Becoming a data scientist mandates a significant interdisciplinary journey; besides the required training in mathematics, statistics, computer science (e.g., programming, databases etc.) it also requires a basic understanding of the system modeled. It takes years of formal and on the job training to become an expert in this field. Data scientists have been exceedingly employed in manufacturing lines to identify issues and improve the overall manufacturing efficiency. The first step in this process is to extract data from numerous dissimilar sources and transform it into a more digestible format for modeling purposes. Industry leaders have long contended that data wrangling is exceedingly time consuming and unstructured to serve many of the quality needs of customers throughout the manufacturing industry[1],[2]
To relieve the data wrangling burden on the data scientist, we have introduced the SmartFactory Rx Digital Platform that addresses this challenge by providing an easy to use, highly configurable minimal code environment with established connectors to many common data sources, including flat files. This way, Extracting, Transferring, Logging (ETL) and contextualizing data becomes a reduced chore and thus the data scientists can spend their time more productively to monitor, get insights and optimize the process they are responsible for.

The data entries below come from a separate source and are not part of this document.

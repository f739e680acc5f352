-- ===== src/Del.antt =====
-- The DEL command, sriov/sriov.go: `getNamespaceInterfaces`, `cmdDel`.
pub mod Errors
pub mod Failing
pub mod Filtering
pub mod Releasing
pub mod Names
pub mod Unlocking
pub mod Tracing
pub mod Namespace
use Prim.Native.String.{len, slice}
use rit_k8s_rdma_sriov_cni.Base.{String, Bool, none, some, List, [], ◌∷◌, ◌=?◌, if◌then◌else◌}
use text.Mathlib.Text.{starts_with}
use rit_k8s_rdma_sriov_cni.Go.{
  Error, wrapf, Run, Tried, success, failure, pure, ◌>>=◌, ◌>>◌, ◌orelse◌, attempt, deferring,
  of_tried,
}
use rit_k8s_rdma_sriov_cni.Go.Strconv.{parse_int}
use rit_k8s_rdma_sriov_cni.Conf.{NetConf, load_conf}
use rit_k8s_rdma_sriov_cni.Host.{Host, Ns, NetInterface, PfInfo}
use rit_k8s_rdma_sriov_cni.Mutex.{acquire_shm_mutex, release_shm_mutex}
use rit_k8s_rdma_sriov_cni.Pod.{or_fatal}
use rit_k8s_rdma_sriov_cni.ReleaseCustom.{ReleaseFailure, release_vf_custom}
use rit_k8s_rdma_sriov_cni.Add.Interfaces.{CmdArgs}

-- `eth` and a number
unfoldable pub is_pod_interface : String → Bool
unfolding parse_int
is_pod_interface name =
    if starts_with name "eth"
    then elim (parse_int (slice name 3 (len name))) [ none ↦ Bool.false | some _ ↦ Bool.true ]
    else Bool.false

or_no_pfs : Tried Error (List PfInfo) → List PfInfo
or_no_pfs (success pfs) = pfs
or_no_pfs (failure e) = []

module _ {W : Type 0} (h : Host W) where
  -- The interfaces of the namespace `newns`, and back
  unfoldable pub list_interfaces : Ns → Ns → Run W Error (List NetInterface)
  list_interfaces origns newns = do
    h.set_netns newns orelse wrapf "error setting to ns namespace: %s" []
    ifaces ← h.interfaces orelse wrapf "error getting network interfaces: %s" []
    h.set_netns origns orelse wrapf "error setting back to origin namespace: %s" []
    pure ifaces

  unfoldable pub visit_namespace : String → Ns → Run W Error (List NetInterface)
  visit_namespace netns_name origns = do
    newns ← h.get_netns_from_path netns_name orelse wrapf "error getting netns namespace: %s" []
    deferring (h.close_netns newns) (list_interfaces origns newns)

  unfoldable pub get_namespace_interfaces : String → Run W Error (List NetInterface)
  get_namespace_interfaces netns_name = do
    origns ← h.get_netns orelse wrapf "error getting origin namespace: %s" []
    deferring (h.close_netns origns) (visit_namespace netns_name origns)

  -- An error is logged, and the loop goes on with the configuration as it then is.
  unfoldable pub after_release : NetConf → Tried ReleaseFailure Bool → NetConf
  after_release n (success shared) = record n { shared_vf = shared }
  after_release n (failure f) = record n { shared_vf = f.shared }

  unfoldable pub release_interface :
      NetConf → CmdArgs → List PfInfo → NetInterface → Run W Error NetConf
  unfolding after_release
  release_interface n args pfs intf =
      if is_pod_interface intf.name
      then (do
        released ← attempt (release_vf_custom h n intf args.container_id args.netns pfs)
        pure (after_release n released))
      else pure n

  unfoldable pub release_interfaces :
      NetConf → CmdArgs → List PfInfo → List NetInterface → Run W Error Unit
  release_interfaces n args pfs [] = pure tt
  release_interfaces n args pfs (intf ∷ rest) = do
    n' ← release_interface n args pfs intf
    release_interfaces n' args pfs rest

  unfoldable pub release_pod : NetConf → CmdArgs → Run W Error Unit
  unfolding or_no_pfs
  release_pod n args = if args.netns =? "" then pure tt else do
    interfaces ← get_namespace_interfaces args.netns orelse wrapf "Error getting iterfaces: %s" []
    pfs ← attempt (h.query_node "127.0.0.1" "54005" 1500)
    release_interfaces n args (or_no_pfs pfs) interfaces

  unfoldable pub del_locked : NetConf → CmdArgs → Run W Error Unit
  del_locked n args = do
    if n.ipam_type =? "" then pure tt else h.exec_del n.ipam_type args.stdin_data
    release_pod n args

  unfoldable pub cmd_del : CmdArgs → Run W Error Unit
  cmd_del args = do
    n ← of_tried (load_conf h.unmarshal_net_conf args.stdin_data)
    mutex_file ← or_fatal h.cluster (acquire_shm_mutex h.shm)
    deferring (release_shm_mutex h.shm mutex_file) (del_locked n args)
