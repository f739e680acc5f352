-- ===== src/Del/Errors.antt =====
-- What DEL does with the errors of a release.
use rit_k8s_rdma_sriov_cni.Base.{arith, inl, inr, ◌≡◌, List, [], ◌∷◌}
use rit_k8s_rdma_sriov_cni.Go.{Error, err}
use rit_k8s_rdma_sriov_cni.Go.Laws.{bind-err}
use rit_k8s_rdma_sriov_cni.Conf.{NetConf}
use rit_k8s_rdma_sriov_cni.Host.{Host, NetInterface, PfInfo}
use rit_k8s_rdma_sriov_cni.Add.Interfaces.{CmdArgs}
use rit_k8s_rdma_sriov_cni.Del.{release_interface, release_interfaces}

module _ {W : Type 0} (h : Host W) (args : CmdArgs) (pfs : List PfInfo) where
  release_interface-no_err :
      (n : NetConf) (intf : NetInterface) (w : W) (e : Error)
      → ¬ ((release_interface h n args pfs intf w).0 ≡ err e)
  unfolding release_interface
  release_interface-no_err n intf w e p = ground arith

  -- The loop over a pod's interfaces never ends with an error: whatever the release of an interface
  -- answers, it returns, panics or ends the process.
  pub release_interfaces-no_err :
      (n : NetConf) (interfaces : List NetInterface) (w : W) (e : Error)
      → ¬ ((release_interfaces h n args pfs interfaces w).0 ≡ err e)
  unfolding release_interfaces
  release_interfaces-no_err n [] w e p = cc
  release_interfaces-no_err n (intf ∷ rest) w e p =
      elim (bind-err (release_interface h n args pfs intf)
        (λ n'. release_interfaces h n' args pfs rest) w p) [
          | inl q ↦ release_interface-no_err n intf w e q
          | inr (n', q) ↦ release_interfaces-no_err n' rest _ e q
        ]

The initial stage of ETL and contextualization is just the tip of the iceberg of the data scientist’s burden. Additional challenges that data scientists face in many manufacturing line setups today are typically the following: working with multiple software packages for data gathering and analytics (depending on the data source) and addressing the various connectivity and integration challenges. (Figure 1A). These challenges lead to a constant need for data scientists to rely on IT for support and diminishes the data scientist’s ability to rapidly extract supplementary value out of the data.